Hi all,
I have made a simple comparison between three different derived types: 1) with static array, 2) with allocatable array, 3) pointer array.
For pointer array I avoided the side effect, thus it is very very similar to the allocatable one (but the performances are not so identical).

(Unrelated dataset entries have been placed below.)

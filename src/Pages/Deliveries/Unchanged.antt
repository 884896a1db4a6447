-- ===== src/Pages/Deliveries/Unchanged.antt =====
-- The form of an edit, saved as it was opened.
use javi.Prelude.{
  ℕ, ◌≡◌, refl, ap, true, false, ==_refl, eq_iff, eq_refl, Option-cases, Option, none, some, [],
  ◌∷◌, arith, Bool-cases, inl, inr, truthy,
}
use javi.Model.{Shop, Delivery, is_on_the_way, is_delivered}
use javi.Env.{Env, LocalTime}
use javi.World.{World}
use javi.Exec.{ok, continue}
use javi.Deliveries.Messages.{PhoneResult}
use javi.Deliveries.Edit.{
  Edit, Changes, any_change, geocode_if, save_edit, changes_of, update_delivery,
}
use javi.Api.Create.{Readers}
use javi.Pages.{redirect, nothing_changed, to_list}
use javi.Pages.Forms.{
  keep_eta, combine, date_of, clock_of, same_minute, clean_delivery, clean_edit_eta, initial_edit,
}
use javi.Pages.Deliveries.{
  edit, live_delivery, caught, edit_page, edit_of, edit_fields, edit_post, act, act_on, post,
}

same_minute_refl : (t : LocalTime) → same_minute (combine (date_of t) (clock_of t)) t ≡ true
unfolding same_minute
same_minute_refl t = ground (
  arith,
  ==_refl t.year,
  ==_refl t.month,
  ==_refl t.day_of_month,
  ==_refl t.hour,
  ==_refl t.minutes,
)

-- The edit that says of a delivery what its row has.
abbrev same_edit : Delivery → PhoneResult → Edit
same_edit d phone = record {
  recipient_name = d.recipient_name;
  phone = phone;
  dest_address = d.dest_address;
  description = d.description;
  language = d.recipient_language;
  eta_at = none;
}

module _ (env : Env) where
  eta_kept :
      (d : Delivery) (w : World)
      → clean_edit_eta env d (initial_edit env d).eta_date (initial_edit env d).eta_time w
        ≡ (ok keep_eta, w)
  unfolding clean_edit_eta initial_edit
  eta_kept d w = elim (Bool-cases (is_on_the_way d.status)) [
    | inr off ↦ rw off refl
    | inl on ↦ elim (Option-cases d.eta_at) [
      | inl none_set ↦ rw (on, none_set) refl
      | inr (t, is_set) ↦ rw (on, is_set, same_minute_refl (env.localtime t)) refl
    ]
  ]

  no_changes :
      (d : Delivery) (phone : PhoneResult)
      → phone.e164 ≡ d.recipient_phone
      → env.strip d.dest_address ≡ d.dest_address
      → any_change (changes_of env (same_edit d phone) d) ≡ false
  unfolding changes_of
  no_changes d phone same stripped = ground (
    arith,
    eq_refl d.recipient_name,
    (eq_iff phone.e164 d.recipient_phone).1 same,
    eq_refl d.description,
    eq_refl d.recipient_language,
    (eq_iff (env.strip d.dest_address) d.dest_address).1 stripped,
  )

  -- No change: the geocoder is not asked, and nothing is written.
  saved_same :
      (d : Delivery) (e : Edit) (c : Changes) (w : World)
      → any_change c ≡ false
      → continue (save_edit env d e c) (geocode_if env c.address e.dest_address w)
        ≡ (ok (d, record { changed = []; geocoded = true }), w)
  unfolding save_edit geocode_if
  saved_same d e c w no_change =
      let kept : c.address ≡ false = ground (arith, no_change) in
      rw (ap (λ b. geocode_if env b e.dest_address w) kept) (rw no_change refl)

  update_same :
      (d : Delivery) (phone : PhoneResult) (w : World)
      → is_delivered d.status ≡ false
      → phone.e164 ≡ d.recipient_phone
      → env.strip d.dest_address ≡ d.dest_address
      → update_delivery env d (same_edit d phone) w
        ≡ (ok (d, record { changed = []; geocoded = true }), w)
  unfolding update_delivery
  update_same d phone w open_still same stripped =
      let e = same_edit d phone in
      rw open_still (saved_same d e (changes_of env e d) w (no_changes d phone same stripped))

  module _ (readers : Readers) where
    edit_as_was :
        (d : Delivery) (phone : PhoneResult)
        → readers.normalize_phone d.recipient_phone ≡ some phone
        → truthy d.recipient_language ≡ true
        → edit_of readers keep_eta (initial_edit env d).fields ≡ some (same_edit d phone)
    unfolding edit_of clean_delivery initial_edit
    edit_as_was d phone normal language = rw (normal, language) refl

    -- The form of an edit, saved as it was opened, says that nothing changed, and nothing has: also
    -- where the ETA of a delivery on its way has passed. The number of the row normalizes to
    -- itself, the row has a language, and its address no spaces around it.
    pub post_unchanged :
        (account : Option Shop) (pk : ℕ) (d : Delivery) (phone : PhoneResult) (w : World)
        → live_delivery account pk (edit (some (initial_edit env d))) w.db ≡ some d
        → is_delivered d.status ≡ false
        → readers.normalize_phone d.recipient_phone ≡ some phone
        → phone.e164 ≡ d.recipient_phone
        → truthy d.recipient_language ≡ true
        → env.strip d.dest_address ≡ d.dest_address
        → post env readers account pk (edit (some (initial_edit env d))) w
          ≡ (ok (redirect (nothing_changed ∷ []) to_list), w)
    unfolding post act_on act edit_post edit_fields caught edit_page
    post_unchanged account pk d phone w found open_still normal same language stripped =
        rw
          (
            found,
            open_still,
            eta_kept d w,
            edit_as_was d phone normal language,
            update_same d phone w open_still same stripped,
          )
          refl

The code used is the following:
module derived_static
implicit none
type:: wrapper_s
real(8), dimension(3):: array
integer:: scalar
endtype wrapper_s
interface assignment(=)
module procedure static_assignment
endinterface
interface operator(+)
module procedure static_add
endinterface
contains
subroutine static_assignment (a, b)
implicit none
type(wrapper_s), intent(inout) :: a
type(wrapper_s), intent(in) :: b
a%array = b%array
a%scalar = b%scalar
return
endsubroutine static_assignment
function static_add (a, b) result (c)
implicit none
type(wrapper_s), intent(in):: a, b
type(wrapper_s):: c
c%array = a%array + b%array
c%scalar = a%scalar + b%scalar
return
endfunction static_add
endmodule derived_static
module derived_allocatable
implicit none
type:: wrapper_a
real(8), dimension(:), allocatable:: array
integer:: scalar
endtype wrapper_a
interface assignment(=)
module procedure allocatable_assignment
endinterface
interface operator(+)
module procedure allocatable_add
endinterface
contains
subroutine allocatable_assignment (a, b)
implicit none
type(wrapper_a), intent(inout) :: a
type(wrapper_a), intent(in) :: b
a%array = b%array
a%scalar = b%scalar
return
endsubroutine allocatable_assignment
function allocatable_add (a, b) result (c)
implicit none
type(wrapper_a), intent(in):: a, b
type(wrapper_a):: c
allocate(c%array(size(a%array)))
c%array = a%array + b%array
c%scalar = a%scalar + b%scalar
return
endfunction allocatable_add
endmodule derived_allocatable
module derived_pointer
implicit none
type:: wrapper_p
real(8), dimension(:), pointer:: array => null ()
integer:: scalar
endtype wrapper_p
interface assignment(=)
module procedure pointer_assignment
endinterface
interface operator(+)
module procedure pointer_add
endinterface
contains
subroutine pointer_assignment (a, b)
implicit none
type(wrapper_p), intent(inout) :: a
type(wrapper_p), intent(in) :: b
a%array = b%array
a%scalar = b%scalar
return
endsubroutine pointer_assignment
function pointer_add (a, b) result (c)
implicit none
type(wrapper_p), intent(in):: a, b
type(wrapper_p):: c
allocate(c%array(size(a%array)))
c%array = a%array + b%array
c%scalar = a%scalar + b%scalar
return
endfunction pointer_add
endmodule derived_pointer
program main
use derived_static
use derived_allocatable
use derived_pointer
implicit none
type(wrapper_s), dimension(:), allocatable :: sa, sb, sc
type(wrapper_a), dimension(:), allocatable :: aa, ab, ac
type(wrapper_p), dimension(:), allocatable :: pa, pb, pc
real:: partial(1:2)
integer, parameter:: N=100000,M=3,R=500
integer:: i,j,k
! initializing
allocate (sa(N), sb(N), sc(N))
allocate (aa(N), ab(N), ac(N))
allocate (pa(N), pb(N), pc(N))
do i=1,N
allocate (aa(i)%array(M),ab(i)%array(M),ac(i)%array(M))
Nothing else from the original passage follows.